[SUPPLIED INFORMATION]
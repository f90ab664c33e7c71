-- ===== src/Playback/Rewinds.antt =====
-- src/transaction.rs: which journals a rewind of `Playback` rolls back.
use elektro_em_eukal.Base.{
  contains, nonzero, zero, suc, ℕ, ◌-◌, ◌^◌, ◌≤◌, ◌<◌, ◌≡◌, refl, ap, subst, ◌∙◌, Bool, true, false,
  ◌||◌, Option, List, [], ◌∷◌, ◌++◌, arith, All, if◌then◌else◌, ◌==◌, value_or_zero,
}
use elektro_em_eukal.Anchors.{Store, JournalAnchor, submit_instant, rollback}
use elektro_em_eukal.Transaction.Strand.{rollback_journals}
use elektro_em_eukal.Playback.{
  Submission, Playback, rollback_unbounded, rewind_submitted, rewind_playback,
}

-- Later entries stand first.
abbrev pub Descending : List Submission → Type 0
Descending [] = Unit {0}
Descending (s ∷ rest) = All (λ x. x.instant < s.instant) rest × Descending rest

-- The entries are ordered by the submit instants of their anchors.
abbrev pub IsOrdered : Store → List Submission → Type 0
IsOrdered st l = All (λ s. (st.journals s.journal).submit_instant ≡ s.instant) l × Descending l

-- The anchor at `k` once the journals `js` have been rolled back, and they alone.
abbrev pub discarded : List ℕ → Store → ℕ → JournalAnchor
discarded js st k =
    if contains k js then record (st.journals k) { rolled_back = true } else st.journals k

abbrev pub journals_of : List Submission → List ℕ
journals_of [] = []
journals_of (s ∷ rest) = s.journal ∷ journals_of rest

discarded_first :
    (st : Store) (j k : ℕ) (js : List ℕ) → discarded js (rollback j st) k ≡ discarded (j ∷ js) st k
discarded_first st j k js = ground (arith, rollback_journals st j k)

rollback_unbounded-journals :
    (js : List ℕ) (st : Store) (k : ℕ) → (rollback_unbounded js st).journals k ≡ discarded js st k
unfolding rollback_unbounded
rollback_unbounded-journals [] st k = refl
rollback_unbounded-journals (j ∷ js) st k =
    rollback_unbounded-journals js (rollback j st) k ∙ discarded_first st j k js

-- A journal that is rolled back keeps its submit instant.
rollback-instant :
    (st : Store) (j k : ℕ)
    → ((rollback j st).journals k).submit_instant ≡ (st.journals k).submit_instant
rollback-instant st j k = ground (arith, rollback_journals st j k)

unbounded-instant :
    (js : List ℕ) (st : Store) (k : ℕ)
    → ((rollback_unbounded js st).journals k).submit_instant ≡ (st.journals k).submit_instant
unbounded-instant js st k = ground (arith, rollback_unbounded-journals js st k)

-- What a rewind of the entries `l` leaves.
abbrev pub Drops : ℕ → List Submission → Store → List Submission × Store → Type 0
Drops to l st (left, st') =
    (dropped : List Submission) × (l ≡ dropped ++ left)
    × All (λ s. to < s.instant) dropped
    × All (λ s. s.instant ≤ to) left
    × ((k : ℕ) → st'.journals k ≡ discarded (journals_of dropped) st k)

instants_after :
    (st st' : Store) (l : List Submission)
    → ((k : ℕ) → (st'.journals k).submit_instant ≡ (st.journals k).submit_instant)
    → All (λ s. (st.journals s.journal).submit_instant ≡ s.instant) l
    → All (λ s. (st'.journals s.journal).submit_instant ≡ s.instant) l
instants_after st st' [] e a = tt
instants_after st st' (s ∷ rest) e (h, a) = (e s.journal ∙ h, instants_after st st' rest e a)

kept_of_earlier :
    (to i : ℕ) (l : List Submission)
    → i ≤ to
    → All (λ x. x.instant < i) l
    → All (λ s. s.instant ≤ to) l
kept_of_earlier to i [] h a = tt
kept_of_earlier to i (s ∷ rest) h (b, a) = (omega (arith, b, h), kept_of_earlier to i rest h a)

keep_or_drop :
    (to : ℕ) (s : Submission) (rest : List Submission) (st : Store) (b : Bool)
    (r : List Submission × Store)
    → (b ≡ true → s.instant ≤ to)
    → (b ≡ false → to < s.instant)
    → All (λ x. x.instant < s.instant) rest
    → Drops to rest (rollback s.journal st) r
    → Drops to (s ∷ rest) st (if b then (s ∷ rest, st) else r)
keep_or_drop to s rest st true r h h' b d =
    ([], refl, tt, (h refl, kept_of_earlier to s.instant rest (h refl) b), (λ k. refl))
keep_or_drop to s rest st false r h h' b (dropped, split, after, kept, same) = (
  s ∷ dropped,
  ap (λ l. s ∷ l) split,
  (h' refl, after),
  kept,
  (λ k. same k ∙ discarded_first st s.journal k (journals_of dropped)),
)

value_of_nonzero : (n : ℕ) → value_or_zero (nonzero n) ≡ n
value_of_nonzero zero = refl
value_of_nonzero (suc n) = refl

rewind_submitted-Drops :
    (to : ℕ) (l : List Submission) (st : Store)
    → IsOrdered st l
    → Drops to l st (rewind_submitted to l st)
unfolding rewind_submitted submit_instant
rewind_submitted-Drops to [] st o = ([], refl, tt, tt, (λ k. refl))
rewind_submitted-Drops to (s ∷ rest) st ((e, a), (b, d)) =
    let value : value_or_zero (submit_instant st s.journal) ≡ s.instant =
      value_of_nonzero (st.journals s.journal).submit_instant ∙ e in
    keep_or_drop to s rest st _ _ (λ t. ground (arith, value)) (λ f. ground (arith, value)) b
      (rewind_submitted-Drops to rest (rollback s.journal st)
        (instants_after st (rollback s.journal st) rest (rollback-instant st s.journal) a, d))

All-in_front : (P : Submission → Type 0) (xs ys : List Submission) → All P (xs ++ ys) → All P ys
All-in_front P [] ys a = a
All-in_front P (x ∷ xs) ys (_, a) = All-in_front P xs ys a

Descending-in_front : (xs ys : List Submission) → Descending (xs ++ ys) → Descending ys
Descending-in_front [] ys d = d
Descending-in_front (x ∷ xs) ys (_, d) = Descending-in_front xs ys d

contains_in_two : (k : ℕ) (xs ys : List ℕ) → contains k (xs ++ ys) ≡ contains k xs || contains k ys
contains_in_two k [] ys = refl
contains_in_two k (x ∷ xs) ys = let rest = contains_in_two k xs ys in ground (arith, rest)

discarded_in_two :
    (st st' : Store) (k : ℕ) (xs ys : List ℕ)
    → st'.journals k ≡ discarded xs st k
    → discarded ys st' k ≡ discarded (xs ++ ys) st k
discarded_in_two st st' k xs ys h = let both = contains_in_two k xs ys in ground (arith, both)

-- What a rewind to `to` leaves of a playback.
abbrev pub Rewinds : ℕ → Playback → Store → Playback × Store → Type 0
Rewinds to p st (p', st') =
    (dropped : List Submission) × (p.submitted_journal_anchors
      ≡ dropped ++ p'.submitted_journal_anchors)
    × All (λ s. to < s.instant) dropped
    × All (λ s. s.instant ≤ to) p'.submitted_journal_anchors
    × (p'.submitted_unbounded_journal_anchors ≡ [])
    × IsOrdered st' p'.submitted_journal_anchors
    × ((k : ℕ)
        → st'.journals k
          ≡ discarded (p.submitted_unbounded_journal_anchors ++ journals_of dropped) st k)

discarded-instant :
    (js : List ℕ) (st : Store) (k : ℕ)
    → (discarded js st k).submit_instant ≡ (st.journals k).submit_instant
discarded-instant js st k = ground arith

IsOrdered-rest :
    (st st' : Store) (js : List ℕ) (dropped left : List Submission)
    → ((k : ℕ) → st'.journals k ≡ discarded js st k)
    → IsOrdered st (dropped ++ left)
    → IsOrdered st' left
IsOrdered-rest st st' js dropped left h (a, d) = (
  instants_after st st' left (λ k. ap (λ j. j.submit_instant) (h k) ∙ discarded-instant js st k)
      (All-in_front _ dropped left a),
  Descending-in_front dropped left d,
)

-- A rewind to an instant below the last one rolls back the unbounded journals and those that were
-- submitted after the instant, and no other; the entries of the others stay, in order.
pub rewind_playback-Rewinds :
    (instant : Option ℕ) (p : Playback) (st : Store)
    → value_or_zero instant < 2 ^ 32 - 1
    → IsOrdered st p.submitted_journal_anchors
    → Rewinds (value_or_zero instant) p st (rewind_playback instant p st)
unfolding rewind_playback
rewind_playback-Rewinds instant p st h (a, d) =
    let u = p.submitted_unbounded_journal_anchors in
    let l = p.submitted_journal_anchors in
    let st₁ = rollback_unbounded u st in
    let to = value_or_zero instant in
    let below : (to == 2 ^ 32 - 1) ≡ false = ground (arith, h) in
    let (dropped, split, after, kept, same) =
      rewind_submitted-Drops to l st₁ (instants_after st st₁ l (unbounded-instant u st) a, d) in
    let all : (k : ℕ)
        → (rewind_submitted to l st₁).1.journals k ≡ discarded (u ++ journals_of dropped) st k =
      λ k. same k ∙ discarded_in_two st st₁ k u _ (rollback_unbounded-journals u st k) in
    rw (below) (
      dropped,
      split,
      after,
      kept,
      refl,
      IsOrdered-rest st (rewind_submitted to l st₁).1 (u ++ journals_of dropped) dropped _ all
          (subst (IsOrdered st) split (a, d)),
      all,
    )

[TRY IT] Reproduce every line above containing "split".

[OUTPUT]
keep_or_drop to s rest st false r h h' b (dropped, split, after, kept, same) = (
  ap (λ l. s ∷ l) split,
    let (dropped, split, after, kept, same) =
      split,
          (subst (IsOrdered st) split (a, d)),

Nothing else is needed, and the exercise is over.